* Task description *
When the line containing "-- The semaphores" is reached, include it and end there; set down verbatim every line before it, starting at the top of the records.

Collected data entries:

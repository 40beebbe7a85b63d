-- ===== src/StringObject/Tests.antt =====
-- A string that is shared once.
use objective_9c.Prelude.{false, codes}
use objective_9c.Prelude.Int.{pos}
use objective_9c.StringObject.{StringObject}

abbrev made : StringObject
made = record { bytes = codes "ab"; cap = 32; ref = pos 1; freed = false }
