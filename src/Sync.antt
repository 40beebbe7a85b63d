-- ===== src/Sync.antt =====
-- The semaphores and wait groups of o9_runtime.c, on handles that are not nil (o9_sync_sem_new,
-- o9_sync_sem_acquire, o9_sync_sem_release, o9_sync_wg_new, o9_sync_wg_add, o9_sync_wg_done,
-- o9_sync_wg_wait). Each function holds the object's QLock but for the time that it sleeps, so what it does between is one step: on
-- entry, and again each time that it has been woken. The counts are taken to fit their int. Beside
-- the object a state counts the callers that sleep in rsleep, those that are woken and wait for
-- the lock, and the calls that have returned.
pub mod Semaphore
pub mod Waiters
pub mod Tests
use objective_9c.Prelude.{ℕ, zero, suc, ◌+◌, ◌-◌, Bool, true, false, ◌==◌, if◌then◌else◌}
use objective_9c.Prelude.Int.{ℤ, pos, negsuc, pos_part, neg_part, sub_ℕ}

pub record Sem : Type 0 where
  pub n : ℕ
  pub asleep : ℕ
  pub ready : ℕ
  pub acquired : ℕ
  pub released : ℕ

pub record WaitGroup : Type 0 where
  pub n : ℤ
  pub asleep : ℕ
  pub ready : ℕ
  pub returned : ℕ

unfoldable pub sem_new : ℤ → Sem
sem_new count = record {
  n = elim count [ negsuc m ↦ 0 | pos m ↦ m ];
  asleep = 0;
  ready = 0;
  acquired = 0;
  released = 0;
}

-- the test of the loop: the caller takes one, or sleeps
unfoldable pub sem_acquire : Sem → Sem
sem_acquire s =
    if s.n == 0
    then record s { asleep = s.asleep + 1 }
    else record s { n = s.n - 1; acquired = s.acquired + 1 }

-- a caller that was woken goes round the loop
unfoldable pub sem_resume : Sem → Sem
sem_resume s = sem_acquire (record s { ready = s.ready - 1 })

unfoldable pub wg_new : WaitGroup
wg_new = record { n = pos 0; asleep = 0; ready = 0; returned = 0 }

-- n > 0
unfoldable pub is_pos : ℤ → Bool
is_pos (negsuc m) = false
is_pos (pos zero) = false
is_pos (pos (suc m)) = true

unfoldable pub wg_wait : WaitGroup → WaitGroup
wg_wait w =
    if is_pos w.n
    then record w { asleep = w.asleep + 1 }
    else record w { returned = w.returned + 1 }

unfoldable pub wg_resume : WaitGroup → WaitGroup
wg_resume w = wg_wait (record w { ready = w.ready - 1 })

-- `wakes k` is how many of `k` sleeping callers one rwakeup wakes.
module _ (wakes : ℕ → ℕ) where
  unfoldable pub sem_release : Sem → Sem
  sem_release s = record s {
    n = s.n + 1;
    asleep = s.asleep - wakes s.asleep;
    ready = s.ready + wakes s.asleep;
    released = s.released + 1;
  }

  unfoldable pub wg_add : WaitGroup → ℤ → WaitGroup
  wg_add w delta =
      let m = sub_ℕ (pos_part w.n + pos_part delta) (neg_part w.n + neg_part delta) in
      if is_pos m
      then record w { n = m }
      else record w { n = m; asleep = w.asleep - wakes w.asleep; ready = w.ready + wakes w.asleep }

  unfoldable pub wg_done : WaitGroup → WaitGroup
  wg_done w = wg_add w (negsuc 0)
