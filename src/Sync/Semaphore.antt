-- ===== src/Sync/Semaphore.antt =====
-- What a semaphore keeps, whatever its callers do.
use objective_9c.Prelude.{
  ℕ, suc, ◌+◌, ◌-◌, ◌≤◌, ◌<◌, ◌≡◌, refl, ◌⊎◌, inl, inr, false, ◌==◌, arith, Bool-cases, if_ind, ap,
  ◌∙◌,
}
use objective_9c.Prelude.Int.{ℤ}
use objective_9c.Sync.{Sem, sem_new, sem_acquire, sem_resume, sem_release}

-- rwakeup as its manual describes it: it wakes one sleeping process, if there is one
pub record WakesOne (wakes : ℕ → ℕ) : Type 0 where
  pub none_asleep : wakes 0 ≡ 0
  pub some_asleep : (k : ℕ) → wakes (suc k) ≡ 1

pub data Step (wakes : ℕ → ℕ) (s : Sem) : Sem → Type 0 where
  acquire : Step wakes s (sem_acquire s)
  resume : 0 < s.ready → Step wakes s (sem_resume s)
  release : Step wakes s (sem_release wakes s)

pub data Reach (wakes : ℕ → ℕ) (count : ℤ) : Sem → Type 0 where
  start : Reach wakes count (sem_new count)
  next : {s t : Sem} → Reach wakes count s → Step wakes s t → Reach wakes count t

pub record IsFair (first : ℕ) (s : Sem) : Type 0 where
  -- no permit is lost or made up
  pub kept : s.n + s.acquired ≡ first + s.released
  -- nobody sleeps while a permit is free that no woken caller is about to take
  pub served : (s.asleep ≡ 0) ⊎ (s.n ≤ s.ready)

-- an attempt to take a permit, when one permit more may be free than callers are woken
attempt-IsFair :
    (first : ℕ) (s : Sem)
    → s.n + s.acquired ≡ first + s.released
    → (s.asleep ≡ 0) ⊎ (s.n ≤ s.ready + 1)
    → IsFair first (sem_acquire s)
unfolding sem_acquire
attempt-IsFair first s kept served =
    if_ind (IsFair first) (s.n == 0) _ _
      (λ out. record { kept = kept; served = inr (ground arith) })
      (λ some_free. record {
        kept = ground arith;
        served = elim served [ inl z ↦ inl z | inr le ↦ inr (omega arith) ];
      })

release-IsFair :
    {wakes : ℕ → ℕ}
    → WakesOne wakes
    → (first : ℕ) (s : Sem) → IsFair first s
    → IsFair first (sem_release wakes s)
unfolding sem_release
release-IsFair {wakes} w first s f = record {
  kept = let k = f.kept in omega (arith, k);
  served = elim (Bool-cases (s.asleep == 0)) [
    | inl nobody ↦ inl (ground arith)
    | inr somebody ↦
        inr (elim f.served [ inl z ↦ absurd (ground arith) | inr le ↦ one_more somebody le ])
  ];
}
  where
    one_more : (s.asleep == 0) ≡ false → s.n ≤ s.ready → s.n + 1 ≤ s.ready + wakes s.asleep
    one_more h le =
        let e : s.asleep ≡ suc (s.asleep - 1) = ground arith in
        let one : wakes s.asleep ≡ 1 = ap wakes e ∙ w.some_asleep (s.asleep - 1) in
        omega (arith, one)

Step-IsFair :
    {wakes : ℕ → ℕ}
    → WakesOne wakes
    → (first : ℕ) {s t : Sem} → IsFair first s
    → Step wakes s t
    → IsFair first t
unfolding sem_resume
Step-IsFair w first {s} f acquire =
    attempt-IsFair first s f.kept (elim f.served [ inl z ↦ inl z | inr le ↦ inr (omega arith) ])
Step-IsFair w first {s} f (resume some_ready) =
    attempt-IsFair first (record s { ready = s.ready - 1 }) f.kept
      (elim f.served [ inl z ↦ inl z | inr le ↦ inr (omega arith) ])
Step-IsFair w first {s} f release = release-IsFair w first s f

-- In every order of calls and wakeups, if rwakeup wakes one sleeping process: the permits that are
-- free and those that were taken are the first ones and those released; and nobody sleeps while more
-- permits are free than woken callers are about to take.
pub Reach-IsFair :
    {wakes : ℕ → ℕ} {count : ℤ} {s : Sem}
    → WakesOne wakes
    → Reach wakes count s
    → IsFair (sem_new count).n s
unfolding sem_new
Reach-IsFair {count} w start = record { kept = refl; served = inl refl }
Reach-IsFair {count} w (next r st) = Step-IsFair w (sem_new count).n (Reach-IsFair w r) st
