-- ===== src/Sync/Waiters.antt =====
-- Several callers that wait for one group.
use objective_9c.Prelude.{ℕ, zero, suc, ◌+◌, ◌-◌, ◌≡◌, refl, ap, ◌∙◌, arith}
use objective_9c.Prelude.Int.{pos}
use objective_9c.Sync.{WaitGroup, wg_new, is_pos, wg_wait, wg_resume, wg_add, wg_done}
use objective_9c.Sync.Semaphore.{WakesOne}

-- `k` callers that enter o9_sync_wg_wait
abbrev pub waits : ℕ → WaitGroup → WaitGroup
waits zero w = w
waits (suc k) w = waits k (wg_wait w)

-- a group of one task, before the task is done
abbrev busy : ℕ → WaitGroup
busy k = record { n = pos 1; asleep = k; ready = 0; returned = 0 }

waits-busy : (k a : ℕ) → waits k (busy a) ≡ busy (a + k)
unfolding wg_wait is_pos
waits-busy zero a = ap busy (omega arith)
waits-busy (suc k) a =
    let e : waits k (busy (a + 1)) ≡ busy (a + 1 + k) = waits-busy k (a + 1) in
    e ∙ ap busy (omega arith)

-- When one task ends for which several callers wait, and rwakeup wakes one sleeping process, one
-- caller returns, and all the others sleep on, with no task left whose end could wake them.
pub wg_done-strands :
    (wakes : ℕ → ℕ) (k : ℕ)
    → WakesOne wakes
    → wg_resume (wg_done wakes (waits (suc k) (wg_add wakes wg_new (pos 1))))
      ≡ record { n = pos 0; asleep = k; ready = 0; returned = 1 }
unfolding wg_new wg_add wg_done wg_resume wg_wait is_pos
wg_done-strands wakes k w =
    let all : waits (suc k) (busy 0) ≡ busy (suc k) =
      waits-busy (suc k) 0 ∙ ap busy (omega arith) in
    let one : wakes (suc k) ≡ 1 = w.some_asleep k in
    let rest : suc k - 1 ≡ k = omega arith in rw all (rw (one, rest) refl)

* Written response *
repository 40beebbe7a85b63d
-- ===== src/StringObject/Tests.antt =====
-- A string that is shared once.
use objective_9c.Prelude.{false, codes}
use objective_9c.Prelude.Int.{pos}
use objective_9c.StringObject.{StringObject}

abbrev made : StringObject
made = record { bytes = codes "ab"; cap = 32; ref = pos 1; freed = false }
filename src/Sync.antt
repository 40beebbe7a85b63d
-- ===== src/Sync.antt =====
-- The semaphores and wait groups of o9_runtime.c, on handles that are not nil (o9_sync_sem_new,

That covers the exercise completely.